### TASK TO COMPLETE
Search the listing below for "absurd". Copy each matching line.

### RECORDS FOR THE TASK
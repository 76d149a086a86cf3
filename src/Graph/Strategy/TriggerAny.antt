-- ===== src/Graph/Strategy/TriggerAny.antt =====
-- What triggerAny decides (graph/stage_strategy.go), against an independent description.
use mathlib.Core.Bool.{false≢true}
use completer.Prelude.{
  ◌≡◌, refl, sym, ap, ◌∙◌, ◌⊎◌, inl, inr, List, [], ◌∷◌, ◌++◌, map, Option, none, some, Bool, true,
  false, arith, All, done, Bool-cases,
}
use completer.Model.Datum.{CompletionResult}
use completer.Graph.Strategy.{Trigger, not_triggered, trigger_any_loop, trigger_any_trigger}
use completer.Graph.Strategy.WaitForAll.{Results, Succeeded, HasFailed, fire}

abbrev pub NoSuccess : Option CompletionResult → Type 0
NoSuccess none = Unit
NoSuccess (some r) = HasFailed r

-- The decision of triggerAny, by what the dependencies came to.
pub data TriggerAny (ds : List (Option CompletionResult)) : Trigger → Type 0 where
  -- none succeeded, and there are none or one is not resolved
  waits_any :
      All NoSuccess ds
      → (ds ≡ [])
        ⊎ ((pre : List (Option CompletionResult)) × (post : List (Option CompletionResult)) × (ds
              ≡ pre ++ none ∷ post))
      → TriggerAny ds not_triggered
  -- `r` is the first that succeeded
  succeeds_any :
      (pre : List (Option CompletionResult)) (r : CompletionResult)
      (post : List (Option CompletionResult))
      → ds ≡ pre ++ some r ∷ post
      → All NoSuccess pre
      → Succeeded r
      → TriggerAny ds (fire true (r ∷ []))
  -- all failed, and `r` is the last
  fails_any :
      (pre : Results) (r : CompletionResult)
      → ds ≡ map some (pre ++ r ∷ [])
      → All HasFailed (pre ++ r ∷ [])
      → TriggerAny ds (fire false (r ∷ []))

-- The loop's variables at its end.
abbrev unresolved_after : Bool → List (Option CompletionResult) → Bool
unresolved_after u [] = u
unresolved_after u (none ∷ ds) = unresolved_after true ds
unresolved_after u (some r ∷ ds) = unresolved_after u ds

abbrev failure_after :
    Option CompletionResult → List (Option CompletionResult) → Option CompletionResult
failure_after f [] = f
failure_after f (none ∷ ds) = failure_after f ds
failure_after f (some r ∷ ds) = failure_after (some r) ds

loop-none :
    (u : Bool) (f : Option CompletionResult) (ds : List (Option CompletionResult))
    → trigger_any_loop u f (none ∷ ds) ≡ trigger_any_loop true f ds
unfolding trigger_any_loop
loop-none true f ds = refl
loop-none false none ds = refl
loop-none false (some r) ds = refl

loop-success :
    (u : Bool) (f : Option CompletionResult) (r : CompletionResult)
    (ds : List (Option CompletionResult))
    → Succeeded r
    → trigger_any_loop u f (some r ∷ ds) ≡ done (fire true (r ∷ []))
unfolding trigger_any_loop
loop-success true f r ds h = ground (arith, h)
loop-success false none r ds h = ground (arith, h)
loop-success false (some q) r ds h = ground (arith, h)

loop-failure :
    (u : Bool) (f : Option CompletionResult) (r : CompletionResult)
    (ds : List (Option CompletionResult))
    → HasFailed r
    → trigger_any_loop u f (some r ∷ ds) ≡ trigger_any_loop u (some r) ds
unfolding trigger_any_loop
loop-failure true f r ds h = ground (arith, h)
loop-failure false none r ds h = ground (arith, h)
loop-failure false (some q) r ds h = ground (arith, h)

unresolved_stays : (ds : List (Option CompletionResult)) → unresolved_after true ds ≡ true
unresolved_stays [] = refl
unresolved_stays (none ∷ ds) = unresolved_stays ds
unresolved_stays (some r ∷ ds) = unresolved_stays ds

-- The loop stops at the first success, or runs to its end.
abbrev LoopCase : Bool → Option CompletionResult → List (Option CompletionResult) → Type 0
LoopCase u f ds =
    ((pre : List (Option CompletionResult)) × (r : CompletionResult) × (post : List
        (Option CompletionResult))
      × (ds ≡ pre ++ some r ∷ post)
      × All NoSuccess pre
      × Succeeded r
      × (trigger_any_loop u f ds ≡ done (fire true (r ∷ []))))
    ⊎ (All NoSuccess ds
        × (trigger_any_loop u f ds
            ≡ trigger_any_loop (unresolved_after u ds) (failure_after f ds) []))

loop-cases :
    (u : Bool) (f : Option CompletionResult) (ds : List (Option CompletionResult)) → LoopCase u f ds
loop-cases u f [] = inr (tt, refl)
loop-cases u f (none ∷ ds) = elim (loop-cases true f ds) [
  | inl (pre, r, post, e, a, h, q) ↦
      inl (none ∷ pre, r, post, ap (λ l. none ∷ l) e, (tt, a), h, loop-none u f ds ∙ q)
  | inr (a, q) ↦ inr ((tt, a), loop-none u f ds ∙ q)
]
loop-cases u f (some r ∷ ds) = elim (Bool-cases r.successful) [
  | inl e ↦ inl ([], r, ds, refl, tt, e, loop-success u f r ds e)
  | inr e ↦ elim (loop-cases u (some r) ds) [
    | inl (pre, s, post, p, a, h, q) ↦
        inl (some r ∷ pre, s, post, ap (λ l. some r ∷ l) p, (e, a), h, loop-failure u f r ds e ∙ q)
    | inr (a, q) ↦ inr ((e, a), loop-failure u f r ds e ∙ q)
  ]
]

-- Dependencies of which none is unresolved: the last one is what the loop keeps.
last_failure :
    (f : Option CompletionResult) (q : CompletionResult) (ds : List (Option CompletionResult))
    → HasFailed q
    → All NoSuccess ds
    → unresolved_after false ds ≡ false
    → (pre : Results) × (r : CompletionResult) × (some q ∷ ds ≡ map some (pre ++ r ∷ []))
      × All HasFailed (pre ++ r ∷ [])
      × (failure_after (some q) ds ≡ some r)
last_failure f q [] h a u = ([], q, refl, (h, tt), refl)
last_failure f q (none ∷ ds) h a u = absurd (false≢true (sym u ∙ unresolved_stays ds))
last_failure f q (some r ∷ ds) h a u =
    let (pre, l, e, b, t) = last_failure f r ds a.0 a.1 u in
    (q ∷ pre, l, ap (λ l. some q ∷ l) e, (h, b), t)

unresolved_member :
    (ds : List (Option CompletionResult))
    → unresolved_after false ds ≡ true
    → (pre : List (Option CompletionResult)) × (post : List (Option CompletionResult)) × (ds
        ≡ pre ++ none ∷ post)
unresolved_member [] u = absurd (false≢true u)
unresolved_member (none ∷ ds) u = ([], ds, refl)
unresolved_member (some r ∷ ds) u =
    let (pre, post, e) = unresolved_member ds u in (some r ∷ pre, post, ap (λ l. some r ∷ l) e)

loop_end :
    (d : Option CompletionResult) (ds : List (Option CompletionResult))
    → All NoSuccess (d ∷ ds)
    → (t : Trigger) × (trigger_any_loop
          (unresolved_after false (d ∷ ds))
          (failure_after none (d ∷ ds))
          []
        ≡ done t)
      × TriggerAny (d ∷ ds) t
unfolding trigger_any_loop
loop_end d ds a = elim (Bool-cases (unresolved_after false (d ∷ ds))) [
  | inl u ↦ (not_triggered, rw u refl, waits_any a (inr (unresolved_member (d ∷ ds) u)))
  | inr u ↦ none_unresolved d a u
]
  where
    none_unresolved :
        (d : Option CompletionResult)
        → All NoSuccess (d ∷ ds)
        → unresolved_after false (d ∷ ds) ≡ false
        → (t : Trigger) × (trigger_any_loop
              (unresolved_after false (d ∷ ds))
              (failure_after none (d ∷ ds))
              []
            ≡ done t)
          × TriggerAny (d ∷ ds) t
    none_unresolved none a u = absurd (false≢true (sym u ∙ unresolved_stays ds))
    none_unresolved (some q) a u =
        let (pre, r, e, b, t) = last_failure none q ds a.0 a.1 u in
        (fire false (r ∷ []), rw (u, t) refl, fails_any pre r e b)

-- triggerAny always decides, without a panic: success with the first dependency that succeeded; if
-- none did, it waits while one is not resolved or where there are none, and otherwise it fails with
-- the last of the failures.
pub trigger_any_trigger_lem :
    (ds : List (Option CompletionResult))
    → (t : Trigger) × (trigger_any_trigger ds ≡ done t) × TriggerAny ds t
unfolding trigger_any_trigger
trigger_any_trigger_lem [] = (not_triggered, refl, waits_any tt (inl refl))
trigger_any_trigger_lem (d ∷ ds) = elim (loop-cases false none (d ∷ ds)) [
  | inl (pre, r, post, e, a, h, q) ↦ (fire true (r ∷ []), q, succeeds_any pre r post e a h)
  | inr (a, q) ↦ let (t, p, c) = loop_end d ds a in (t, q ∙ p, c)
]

### WRITTEN ANSWER
last_failure f q (none ∷ ds) h a u = absurd (false≢true (sym u ∙ unresolved_stays ds))
unresolved_member [] u = absurd (false≢true u)
    none_unresolved none a u = absurd (false≢true (sym u ∙ unresolved_stays ds))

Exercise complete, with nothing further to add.